Professor Blaxland believes there is little more China can do directly to hurt Australia as "we are already in the doghouse, in terms of the view from Beijing".

He sees Australia's growing confidence flowing from the early foreign policy positioning of the US Biden administration.

"There's a sense emerging from our reading of the American tea leaves, if you like, that the Biden administration is going to be a bit like Trump and follow up on being fairly hard-nosed on China," he says.

But Professor Blaxland urges caution.

"We need to appreciate that American foreign policy, and its economic policy, is a bit schizophrenic.

"[It is] assertive and quite adversarial on foreign policy, on defense policy, and extensively on trade.

"But in practice, the United States, the business world, [and] the international conglomerates, headquartered in the United States, remain heavily invested, and continue to double down on their investments in China.
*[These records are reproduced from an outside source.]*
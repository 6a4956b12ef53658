-- ===== src/Http/Stoull.antt =====
-- std::stoull, as SearchController.cpp calls it: base 10, trailing characters ignored.
use native.Mathlib.Nat.{pow-suc}
use log_grid.Base.{
  Bool, Bool-cases, List, Option, [], ap, arith, false, if◌then◌else◌, inl, inr, leb, ltb, none,
  refl, some, subst, suc, sym, true, zero, ℕ, ◌%◌, ◌&&◌, ◌*◌, ◌+◌, ◌-◌, ◌/◌, ◌<◌, ◌==◌, ◌^◌, ◌||◌,
  ◌∙◌, ◌∷◌, ◌≡◌,
}

-- isspace of the "C" locale
abbrev is_space : ℕ → Bool
is_space c = c == 32 || (leb 9 c && leb c 13)

unfoldable pub skip_spaces : List ℕ → List ℕ
skip_spaces [] = []
skip_spaces (c ∷ cs) = let rest = skip_spaces cs in if is_space c then rest else c ∷ cs

abbrev pub is_digit : ℕ → Bool
is_digit c = leb 48 c && leb c 57

-- The value of the digits at the front, after the value of those read before.
unfoldable pub digits : ℕ → List ℕ → ℕ
digits value [] = value
digits value (c ∷ cs) =
    let rest = digits (10 * value + (c - 48)) cs in if is_digit c then rest else value

-- A number that no uint64_t holds throws std::out_of_range.
unfoldable pub in_range : Bool → ℕ → Option ℕ
in_range negative value =
    if leb (2 ^ 64) value
    then none
    else if negative
    then some ((2 ^ 64 - value) % 2 ^ 64)
    else some value

-- Without a digit it throws std::invalid_argument.
unfoldable pub unsigned_text : Bool → List ℕ → Option ℕ
unsigned_text negative [] = none
unsigned_text negative (c ∷ cs) = if is_digit c then in_range negative (digits 0 (c ∷ cs)) else none

unfoldable pub signed_text : List ℕ → Option ℕ
signed_text [] = none
signed_text (c ∷ cs) =
    if c == 45
    then unsigned_text true cs
    else if c == 43
    then unsigned_text false cs
    else unsigned_text false (c ∷ cs)

unfoldable pub stoull : List ℕ → Option ℕ
stoull text = signed_text (skip_spaces text)

-- The decimal digits of a number, put before a text; the fuel is a number of digits that is enough.
unfoldable pub decimal : ℕ → ℕ → List ℕ → List ℕ
decimal zero n text = text
decimal (suc fuel) n text =
    let more = decimal fuel (n / 10) ((48 + n % 10) ∷ text) in
    if ltb n 10 then (48 + n) ∷ text else more

-- One digit in front.
digits-digit :
    (value d : ℕ) (text : List ℕ)
    → d < 10
    → digits value ((48 + d) ∷ text) ≡ digits (10 * value + d) text
unfolding digits
digits-digit value d text h =
    let digit : is_digit (48 + d) ≡ true = ground arith in
    rw digit (ap (λ k. digits k text) (omega arith))

digits-decimal :
    (fuel n : ℕ) (text : List ℕ) → n < 10 ^ fuel → digits 0 (decimal fuel n text) ≡ digits n text
unfolding decimal
digits-decimal zero n text h = ap (λ k. digits k text) (omega arith)
digits-decimal (suc fuel) n text h =
    let rest =
      digits-decimal fuel (n / 10) ((48 + n % 10) ∷ text) (omega (arith, pow-suc 10 fuel, h)) in
    elim (Bool-cases (ltb n 10)) [
      | inl last ↦
          rw last
            (digits-digit 0 n text (ground (arith, last)) ∙ ap (λ k. digits k text) (omega arith))
      | inr more ↦ rw more (
          rest
          ∙ (digits-digit (n / 10) (n % 10) text (omega arith)
              ∙ ap (λ k. digits k text) (omega arith)))
    ]

-- A text that starts with a digit.
abbrev StartsDigit : List ℕ → Type 0
StartsDigit text = (c : ℕ) × (cs : List ℕ) × (text ≡ c ∷ cs) × (is_digit c ≡ true)

decimal-StartsDigit :
    (fuel n : ℕ) (text : List ℕ) → n < 10 ^ suc fuel → StartsDigit (decimal (suc fuel) n text)
unfolding decimal
decimal-StartsDigit zero n text h =
    let last : ltb n 10 ≡ true = ground (arith, h) in
    (48 + n, text, rw last refl, ground (arith, h))
decimal-StartsDigit (suc fuel) n text h =
    let up : n / 10 < 10 ^ suc fuel = omega (arith, pow-suc 10 (suc fuel), h) in
    elim (Bool-cases (ltb n 10)) [
      | inl last ↦ (48 + n, text, rw last refl, ground (arith, last))
      | inr more ↦ rw more (decimal-StartsDigit fuel (n / 10) ((48 + n % 10) ∷ text) up)
    ]

stoull-digit : (text : List ℕ) → StartsDigit text → stoull text ≡ in_range false (digits 0 text)
unfolding stoull skip_spaces signed_text unsigned_text
stoull-digit text (c, cs, e, digit) =
    let no_space : is_space c ≡ false = ground (arith, digit) in
    let no_minus : (c == 45) ≡ false = ground (arith, digit) in
    let no_plus : (c == 43) ≡ false = ground (arith, digit) in
    subst (λ t. stoull t ≡ in_range false (digits 0 t)) (sym e)
      (rw (no_space, no_minus, no_plus, digit) refl)

-- The decimal digits of a 64-bit number are read as that number.
pub stoull-decimal : (n : ℕ) → n < 2 ^ 64 → stoull (decimal 20 n []) ≡ some n
unfolding in_range
stoull-decimal n h =
    let fits : leb (2 ^ 64) n ≡ false = ground (arith, h) in
    let value : digits 0 (decimal 20 n []) ≡ n =
      digits-decimal 20 n [] (omega (arith, h)) ∙ unfold digits in refl in
    stoull-digit (decimal 20 n []) (decimal-StartsDigit 19 n [] (omega (arith, h)))
    ∙ rw (value, fits) refl
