-- ===== src/Http.antt =====
-- NetServer/src/SearchController.cpp: the two routes of the HTTP interface, over a search service.
-- Parameters are the JSON library's calls and httplib's path parameter.
pub mod Stoull
pub mod Routes
pub mod Api
use mathlib.Core.Option
use log_grid.Master.Start.{equal_bytes}
use log_grid.Base.{List, Option, [], if◌then◌else◌, none, some, ℕ, ◌∷◌}
use log_grid.Http.Stoull.{stoull}
use log_grid.Master.State.{SearchState, SearchStatus, done, running}
use log_grid.Master.Scan.{SearchConfig}

-- The status codes that the controller sets.
pub data Status : Type 0 where
  ok_200 accepted_202 bad_request_400 not_found_404 : Status

abbrev pub status_code : Status → ℕ
status_code ok_200 = 200
status_code accepted_202 = 202
status_code bad_request_400 = 400
status_code not_found_404 = 404

-- A value in a JSON object, and the value of a field of it.
pub data JsonValue : Type 0 where
  number : ℕ → JsonValue
  json_text : List ℕ → JsonValue

abbrev pub field : List ℕ → List (List ℕ × JsonValue) → Option JsonValue
field key [] = none
field key ((k, v) ∷ fields) =
    let rest = field key fields in if equal_bytes k key then some v else rest

-- The names of the fields.
-- "searchId"
abbrev pub search_id_key : List ℕ
search_id_key = 115 ∷ 101 ∷ 97 ∷ 114 ∷ 99 ∷ 104 ∷ 73 ∷ 100 ∷ []

-- "state"
abbrev pub state_key : List ℕ
state_key = 115 ∷ 116 ∷ 97 ∷ 116 ∷ 101 ∷ []

-- "chunksDone"
abbrev pub chunks_done_key : List ℕ
chunks_done_key = 99 ∷ 104 ∷ 117 ∷ 110 ∷ 107 ∷ 115 ∷ 68 ∷ 111 ∷ 110 ∷ 101 ∷ []

-- "chunksTotal"
abbrev pub chunks_total_key : List ℕ
chunks_total_key = 99 ∷ 104 ∷ 117 ∷ 110 ∷ 107 ∷ 115 ∷ 84 ∷ 111 ∷ 116 ∷ 97 ∷ 108 ∷ []

-- "linesCount"
abbrev pub lines_count_key : List ℕ
lines_count_key = 108 ∷ 105 ∷ 110 ∷ 101 ∷ 115 ∷ 67 ∷ 111 ∷ 117 ∷ 110 ∷ 116 ∷ []

-- "totalMatches"
abbrev pub total_matches_key : List ℕ
total_matches_key = 116 ∷ 111 ∷ 116 ∷ 97 ∷ 108 ∷ 77 ∷ 97 ∷ 116 ∷ 99 ∷ 104 ∷ 101 ∷ 115 ∷ []

-- "scanErrors"
abbrev pub scan_errors_key : List ℕ
scan_errors_key = 115 ∷ 99 ∷ 97 ∷ 110 ∷ 69 ∷ 114 ∷ 114 ∷ 111 ∷ 114 ∷ 115 ∷ []

-- `session.state == SearchState::Running ? "Running" : "Done"`
abbrev pub state_text : SearchState → List ℕ
state_text running = 82 ∷ 117 ∷ 110 ∷ 110 ∷ 105 ∷ 110 ∷ 103 ∷ []
state_text done = 68 ∷ 111 ∷ 110 ∷ 101 ∷ []

-- The object that HandleGetSearch makes of a status.
abbrev pub status_json : ℕ → SearchStatus → List (List ℕ × JsonValue)
status_json session_id session =
    (search_id_key, number session_id)
    ∷ (state_key, json_text (state_text session.state))
    ∷ (chunks_done_key, number session.chunks_done)
    ∷ (chunks_total_key, number session.chunks_total)
    ∷ (lines_count_key, number session.lines_found)
    ∷ (total_matches_key, number session.total_matches)
    ∷ (scan_errors_key, number session.scan_errors)
    ∷ []

-- The JSON texts by their object, which the library prints; the plain ones with what tells them apart.
pub data Content : Type 0 where
  json_object : List (List ℕ × JsonValue) → Content
  bad_request : Content
  runtime_error : Content
  session_not_found : Content

pub record Response : Type 0 where
  pub status : Status
  pub content : Content

-- ISearchService, on a state: the id of the search, or the inner `none` where StartSearch throws; the
-- outer `none` where it does not return.
pub record SearchService (S : Type 0) : Type 0 where
  pub start_search : List ℕ → List ℕ → SearchConfig → S → Option (Option ℕ × S)
  pub get_status : S → ℕ → Option SearchStatus

-- The controller holds a reference to the service.
pub record SearchController (S : Type 0) : Type 0 where
  pub service : SearchService S

-- The calls of the JSON library on a body: `none` where they throw.
pub record Json (J : Type 0) : Type 0 where
  pub parse : List ℕ → Option J
  pub max_results : J → ℕ → Option ℕ
  pub output_dir : J → List ℕ → Option (List ℕ)
  pub path : J → Option (List ℕ)
  pub keyword : J → Option (List ℕ)

-- SearchConfig with its default values: "/sessions/" and 10000 lines
abbrev pub default_config : SearchConfig
default_config = record {
  output_dir = 47 ∷ 115 ∷ 101 ∷ 115 ∷ 115 ∷ 105 ∷ 111 ∷ 110 ∷ 115 ∷ 47 ∷ [];
  max_results = 10000;
}

-- What a request asks for.
pub record SearchRequest : Type 0 where
  pub request_path : List ℕ
  pub request_keyword : List ℕ
  pub request_config : SearchConfig

infixl 5 ◌>>=◌
abbrev ◌>>=◌ {ℓ κ} : {A : Type ℓ} {B : Type κ} → Option A → (A → Option B) → Option B
none >>= f = none
some a >>= f = f a

module _ {J : Type 0} (json : Json J) where
  -- The part of HandlePostSearch that reads the body, in the source's order.
  unfoldable pub read_request : List ℕ → Option SearchRequest
  read_request text = do
    body ← json.parse text
    max_results ← json.max_results body default_config.max_results
    output_dir ← json.output_dir body default_config.output_dir
    path ← json.path body
    keyword ← json.keyword body
    some (record {
      request_path = path;
      request_keyword = keyword;
      request_config = record { output_dir = output_dir; max_results = max_results };
    })

abbrev pub start_response : Option ℕ → Response
start_response none = record { status = not_found_404; content = runtime_error }
start_response (some search_id) = record {
  status = accepted_202;
  content = json_object ((search_id_key, number search_id) ∷ []);
}

module _ {S : Type 0} (service : SearchService S) where
  abbrev pub started : Option ℕ × S → Response × S
  started (result, s) = (start_response result, s)

  abbrev pub serve : Option SearchRequest → S → Option (Response × S)
  serve none s = some (record { status = bad_request_400; content = bad_request }, s)
  serve (some r) s =
      Option.map started (service.start_search r.request_path r.request_keyword r.request_config s)

  -- `HandlePostSearch`
  unfoldable pub handle_post_search : {J : Type 0} → Json J → List ℕ → S → Option (Response × S)
  handle_post_search json text s = serve (read_request json text) s

  abbrev pub status_response : ℕ → Option SearchStatus → Response
  status_response id none = record { status = not_found_404; content = session_not_found }
  status_response id (some status) = record {
    status = ok_200;
    content = json_object (status_json id status);
  }

  -- An id that is no number, or too large, throws std::invalid_argument or std::out_of_range, which
  -- the last handler takes.
  abbrev pub lookup_response : Option ℕ → S → Response
  lookup_response none s = record { status = bad_request_400; content = bad_request }
  lookup_response (some id) s = status_response id (service.get_status s id)

  -- `HandleGetSearch`, on the text of the path parameter
  unfoldable pub handle_get_search : List ℕ → S → Response
  handle_get_search text s = lookup_response (stoull text) s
So I think we should be exercising some caution in our own assertiveness.

"I'm a great believer in Australia being a middle power with small power pretensions, but in trying to overcome those small power pretensions, we should not delude ourselves as to where we stand in the pecking order and recognise that there's some utility in some discretion."

Cancelling the two Belt and Road Initiative deals, among the four initial deals to be scrapped, was deliberate - the BRI is China's pre-eminent foreign policy and economic instrument, estimated to be worth $1.5 trillion and encompassing investment from south-east Asia to south Asia, to Africa and on into continental Europe.

Using government and state-run companies to help fund major global infrastructure projects, it has enormous symbolic importance and links China to the world through six "economic corridors". But it has also been linked to "debt-trap diplomacy" - locking countries into excessive loans that are difficult to pay back.

Senator Paterson, the China hawk, is not shying away from listing his concerns; the militarisation of the South China Sea, the erosion of democracy in Hong Kong, the fate of the Uighur people in Xinjiang, plus issues closer to home.

"We're concerned about the Australian citizens who've been detained, in our view, without evidence," the senator says.

"Plus, of course, the threats to Australia. The cyber attacks. The attempts to intervene in our democratic system. It is fair to say that there are a range of concerns.

"The cancellation of the Belt and Road agreement was about ensuring the federal government is in charge of foreign policy and, on that issue, it's actually bipartisan federally.

"[At] the federal level, Labor has said they wouldn't participate in the Belt and Road agreement either. So, that is a discrete issue, but it is one among many."

Australian Foreign Minister Marise Payne has flagged "there'll be further decisions to be made in due course".

What that could mean for Australia - and how the dragon will respond - remains to be seen.